Economics in the western mind is heavily reliant on assumptions. The African mind-set is non-scenario but that is not to say it is not futuristic. Scenarios are possibilities; they are a science of knowing a way to arrive at possibilities. The African mind-set looks at the future as certainties but receives it as fate.
A premise is a stated proposition after reasoning, from which a conclusion is arrived at or drawn.
John has a beard
John is a man
The first two are premises that would result into deductions like – therefore all men have beards or all men with beards are Johns.

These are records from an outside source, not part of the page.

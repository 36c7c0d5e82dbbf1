-- ===== src/Nodes/Taints.antt =====
-- The taints of a node before and after the agent is ready.
use mesh_cni.Nodes.{
  Taint, NodeSpec, Node, NodeApi, is_startup, retain, untainted, with_taints, with_spec, on_node,
  remove_startup_taint,
}
use mesh_cni.Prelude.Result.{Result, ok, err}
use text.Mathlib.Text.{◌==◌ as str_eq}
use text.Mathlib.TextEquality.{eq_iff}
use mesh_cni.Prelude.{
  ◌≢◌, arith, String, List, [], ◌∷◌, Option, some, none, Bool, true, not, ◌≡◌, refl, sym, ap, ◌∙◌,
  ◌↔◌, inl, inr, IsIn, Bool-cases,
}

IsIn-retain :
    {A : Type 0} (p : A → Bool) (x : A) (xs : List A)
    → IsIn x (retain p xs) ↔ (IsIn x xs × (p x ≡ true))
unfolding retain
IsIn-retain p x [] = (λ h. absurd h, λ h. h.0)
IsIn-retain p x (y ∷ ys) =
    let (out, into) = IsIn-retain p x ys in
    elim (Bool-cases (p y)) [
      | inl e ↦ rw e (
        λ h. elim h [ inl q ↦ (inl q, ap p q ∙ e) | inr i ↦ let (j, g) = out i in (inr j, g) ],
        λ (h, g). elim h [ inl q ↦ inl q | inr i ↦ inr (into (i, g)) ],
      )
      | inr e ↦ rw e (
        λ i. let (j, g) = out i in (inr j, g),
        λ (h, g). elim h [
          | inl q ↦ absurd (let wrong : p y ≡ true = ap p (sym q) ∙ g in cc)
          | inr i ↦ into (i, g)
        ],
      )
    ]

-- What the agent relies on: the server gives the node that it has under a name, and has the one
-- that replaced it.
pub record IsNodeApi {S Others : Type 0} (api : NodeApi S Others) : Type 0 where
  pub view : S → String → Option (Node Others)
  pub got :
      (s : S) (name : String) (node : Node Others)
      → api.get s name ≡ ok node
      → (view s name ≡ some node) × (node.name_any ≡ name)
  pub replaced :
      (name : String) (node : Node Others) (s : S)
      → (api.replace name node s).0 ≡ ok tt
      → view (api.replace name node s).1 name ≡ some node

-- A taint that is neither the agent's own nor Cilium's mark of a node that is not ready.
abbrev pub IsOther : Taint → Type 0
IsOther t = (t.key ≢ "mesh-cni.dev/startup") × (t.key ≢ "node.cilium.io/agent-not-ready")

-- The taints of a node, none where the field is missing.
abbrev pub taints_in : {Others : Type 0} → Option (NodeSpec Others) → List Taint
taints_in none = []
taints_in (some spec) = elim spec.taints [ none ↦ [] | some taints ↦ taints ]

module _ {S Others : Type 0} {api : NodeApi S Others} (laws : IsNodeApi api) where
  open laws use {view}

  -- What the call leaves of a node that the server had.
  abbrev Cleared : String → Node Others → S → Type 0
  Cleared name node t =
      (node' : Node Others) × (view t name ≡ some node')
      × ((x : Taint) → IsIn x (taints_in node'.spec) ↔ (IsIn x (taints_in node.spec) × IsOther x))

  is_startup_iff : (t : Taint) → (not (is_startup t) ≡ true) ↔ IsOther t
  unfolding is_startup
  is_startup_iff t = elim (Bool-cases (str_eq t.key "mesh-cni.dev/startup")) [
    | inl a ↦ (
      λ h. absurd (ground (arith, a, h)),
      λ (h, _). absurd (h ((eq_iff t.key "mesh-cni.dev/startup").0 a)),
    )
    | inr a ↦ elim (Bool-cases (str_eq t.key "node.cilium.io/agent-not-ready")) [
      | inl b ↦ (
        λ h. absurd (ground (arith, a, b, h)),
        λ (_, h). absurd (h ((eq_iff t.key "node.cilium.io/agent-not-ready").0 b)),
      )
      | inr b ↦ (
        λ h. (
          λ q. let z = (eq_iff t.key "mesh-cni.dev/startup").1 q in cc,
          λ q. let z = (eq_iff t.key "node.cilium.io/agent-not-ready").1 q in cc,
        ),
        λ h. ground (arith, a, b),
      )
    ]
  ]

  with_taints-Cleared :
      (name : String) (s : S) (node : Node Others) (spec : NodeSpec Others)
      → node.spec ≡ some spec
      → view s name ≡ some node
      → node.name_any ≡ name
      → (taints : Option (List Taint)) → spec.taints ≡ taints
      → (with_taints api node spec taints s).0 ≡ ok tt
      → Cleared name node (with_taints api node spec taints s).1
  with_taints-Cleared name s node spec at seen named none none_of done =
      (node, seen, λ x. rw (at, none_of) (λ h. absurd h, λ h. h.0))
  with_taints-Cleared name s node spec at seen named (some taints) all done =
      let sent = untainted api node spec taints in
      (
        sent,
        ap (view (api.replace node.name_any sent s).1) (sym named)
            ∙ laws.replaced node.name_any sent s done,
        λ x.
            let (out, into) = IsIn-retain (λ t. not (is_startup t)) x taints in
            let (a, b) = is_startup_iff x in
            rw (at, all) (λ h. let (i, q) = out h in (i, a q), λ (i, q). into (i, b q)),
      )

  -- If the agent's call for its node returns `Ok`, the server had the node, and has it with exactly
  -- the taints that it had before, without those whose key is the agent's own mark of a node that
  -- is not ready or Cilium's.
  pub remove_startup_taint_iff :
      (name : String) (s : S)
      → (remove_startup_taint api name s).0 ≡ ok tt
      → (node node' : Node Others) × (view s name ≡ some node)
        × (view (remove_startup_taint api name s).1 name ≡ some node')
        × ((t : Taint) → IsIn t (taints_in node'.spec) ↔ (IsIn t (taints_in node.spec) × IsOther t))
  unfolding remove_startup_taint
  remove_startup_taint_iff name s done = go (api.get s name) refl done
    where
      on_spec :
          (node : Node Others)
          → view s name ≡ some node
          → node.name_any ≡ name
          → (spec : Option (NodeSpec Others)) → node.spec ≡ spec
          → (with_spec api node spec s).0 ≡ ok tt
          → Cleared name node (with_spec api node spec s).1
      on_spec node seen named none at done = (node, seen, λ x. rw at (λ h. absurd h, λ h. h.0))
      on_spec node seen named (some spec) at done =
          with_taints-Cleared name s node spec at seen named spec.taints refl done

      go :
          (r : Result (Node Others))
          → api.get s name ≡ r
          → (on_node api r s).0 ≡ ok tt
          → (node node' : Node Others) × (view s name ≡ some node)
            × (view (on_node api r s).1 name ≡ some node')
            × ((t : Taint)
                → IsIn t (taints_in node'.spec) ↔ (IsIn t (taints_in node.spec) × IsOther t))
      go (err e) q done = cc
      go (ok node) q done =
          let (seen, named) = laws.got s name node q in
          let (node', there, same) = on_spec node seen named node.spec refl done in
          (node, node', seen, there, same)
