-- ===== src/Forwarding/Choice.antt =====
-- `shouldForwardRead` of replica_forwarding.go: which reads are passed on to the replicas.
pub mod Named
use verm.Prelude.{
  ℕ, zero, suc, Bool, true, false, ◌&&◌, ◌||◌, List, [], ◌∷◌, Bytes, codes, bytes_eq, leb, ◌==◌,
  if◌then◌else◌,
}
use verm.Http.{HttpRequest}

-- `[A-Za-z0-9]`
abbrev pub is_alnum : ℕ → Bool
is_alnum c = (leb b'A' c && leb c b'Z') || (leb b'a' c && leb c b'z') || (leb b'0' c && leb c b'9')

-- `[A-Za-g]` and `[A-Za-z0-9_-]`
abbrev pub is_hash_first : ℕ → Bool
is_hash_first c = (leb b'A' c && leb c b'Z') || (leb b'a' c && leb c b'g')

abbrev pub is_hash_char : ℕ → Bool
is_hash_char c = is_alnum c || c == b'_' || c == b'-'

-- `(\.[A-Za-z0-9]+|$)` at the front: what stands behind the first character of the extension is free.
unfoldable pub extension_here : Bytes → Bool
extension_here [] = true
extension_here (d ∷ []) = false
extension_here (d ∷ c ∷ s) = d == b'.' && is_alnum c

-- `[A-Za-z0-9_-]{n}` at the front, and the extension behind it
unfoldable pub chars_here : ℕ → Bytes → Bool
chars_here zero s = extension_here s
chars_here (suc n) [] = false
chars_here (suc n) (c ∷ s) = is_hash_char c && chars_here n s

-- `hashlikeExpression` at the front
unfoldable pub hash_here : Bytes → Bool
hash_here (p ∷ x ∷ y ∷ q ∷ z ∷ s) =
    p == b'/'
    && is_hash_first x
    && is_hash_char y
    && q == b'/'
    && is_hash_first z
    && chars_here 40 s
hash_here s = false

-- `hashlikeExpression.MatchString`
unfoldable pub matches_hash : Bytes → Bool
matches_hash [] = false
matches_hash (c ∷ s) = hash_here (c ∷ s) || matches_hash s

-- Whether there are values, and the last one is "0".
unfoldable pub last_is_zero : List Bytes → Bool
last_is_zero [] = false
last_is_zero (v ∷ []) = bytes_eq v (codes "0")
last_is_zero (v ∷ u ∷ values) = last_is_zero (u ∷ values)

-- `shouldForwardRead`
unfoldable pub should_forward_read : HttpRequest → Bool
should_forward_read r = if last_is_zero r.forward_values then false else matches_hash r.path
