-- ===== src/Upload/HashName.antt =====
-- `encodeHash` of file_uploader.go: the directory and the file name for a content hash.
pub mod Shape
pub mod Injective
use verm.Prelude.{ℕ, ◌+◌, ◌*◌, ◌/◌, ◌%◌, Option, none, some, [], ◌∷◌, ◌++◌, Bytes, codes, get_or}

abbrev pub encoding_alphabet : Bytes
encoding_alphabet = codes "ABCDEFGHIJKLMNOPQRSTUVWXYZabcdefghijklmnopqrstuvwxyz0123456789-_"

-- `encodingAlphabet[i]`; the indices that `encode_hash` computes from bytes are below 64.
pub symbol : ℕ → ℕ
symbol i = get_or encoding_alphabet i 0

infixl 5 ◌>>=◌
abbrev ◌>>=◌ : Option Bytes → (Bytes → Option (Bytes × Bytes)) → Option (Bytes × Bytes)
none >>= f = none
some a >>= f = f a

-- One round of the loop: three bytes make four symbols. `(s & 0xfc) >> 2` of a byte is `s / 4`,
-- `(s & 0x03) << 4` is `s % 4 * 16`, and so on.
pub encode_triple : ℕ → ℕ → ℕ → Bytes
encode_triple s0 s1 s2 =
    symbol (s0 / 4)
    ∷ symbol (s0 % 4 * 16 + s1 / 16)
    ∷ symbol (s1 % 16 * 4 + s2 / 64)
    ∷ symbol (s2 % 64)
    ∷ []

-- The loop over `srcindex`; `none` is the panic of an index out of range.
pub encode_rest : Bytes → Option Bytes
encode_rest [] = some []
encode_rest (s0 ∷ []) = none
encode_rest (s0 ∷ s1 ∷ []) = none
encode_rest (s0 ∷ s1 ∷ s2 ∷ md) = elim (encode_rest md) [
  | none ↦ none
  | some out ↦ some (encode_triple s0 s1 s2 ++ out)
]

-- `dir` for the first two bytes
pub encode_dir : ℕ → ℕ → Bytes
encode_dir m0 m1 = b'/' ∷ symbol (m0 / 8) ∷ symbol (m0 % 8 * 8 + m1 / 32) ∷ []

-- The results are the strings `dir` and `dst`.
unfoldable pub encode_hash : Bytes → Option (Bytes × Bytes)
unfolding encode_dir encode_rest encode_triple symbol
encode_hash [] = none
encode_hash (m0 ∷ []) = none
encode_hash (m0 ∷ m1 ∷ md) = do
  rest ← encode_rest md
  some (encode_dir m0 m1, b'/' ∷ symbol (m1 % 32) ∷ rest)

The African scenario differs here too. Our premises were not based on analyses of facts as conclusive options of collective realities. We would not end up with the conclusions based on such premises. A man was more than a beard and we would have wanted to base our conclusions on a relational level and one would have easily asked who is John or which John? Africans tend to relate their thought and philosophy not only on philosophical syntactical connections but what is stated in philosophy should have relational weight on the ground and that’s why one would ask in Africa which John?
In view of the two examples of philosophical entities it goes to say that our deductions would differ based on the on how we generate premises and the divorce of our philosophy from assumptions. Since deductions are referenced from premises and African premises have the relational connection of the subjects they infer to, then our deductions were real interpretations of particulars. We would deduce based on which John and not just the common reference of Johns and beards and man.
Logic is science of necessary laws of thought. African thought is based on the basic law of being. In this case I mean there was no time in African thought that a possibility of deity would be excluded even if it were by proxy of ancestral access. We had no space for atheism. In fact it’s deplorable when you meet ignorant western educated so-called African philosophers who call themselves atheists. Reason and meaning subscribed to contact with a knowing. The epistemology of the African reflects a metaphysical space.
Unfortunately the world is ruled by whoever designs it. Maybe the downside of African thought is that it limbs largely in the seamless time and transcendence continuum. We tend sometimes to stay too long on the other side of time. The social architects linger more in the time construct and design a world we have to get constrained to if we have to make sense on planet earth.
It’s important to note the approach of African thought and how it affected how we lived in societies. Immediately our philosophical base got interfered with and was demeaned by external influence the commonality and death of social experiences diluted the glue that held Afro centrism together. This sufficed and opened us to influence that made us abhor anything that tended to remind us of our true identity. A sad affair after which makes many an ancestor turn and toss in the grave.
But those who tell stories run the world I guess when Africa begins telling its business stories it may begin to make its foetal steps to run the world.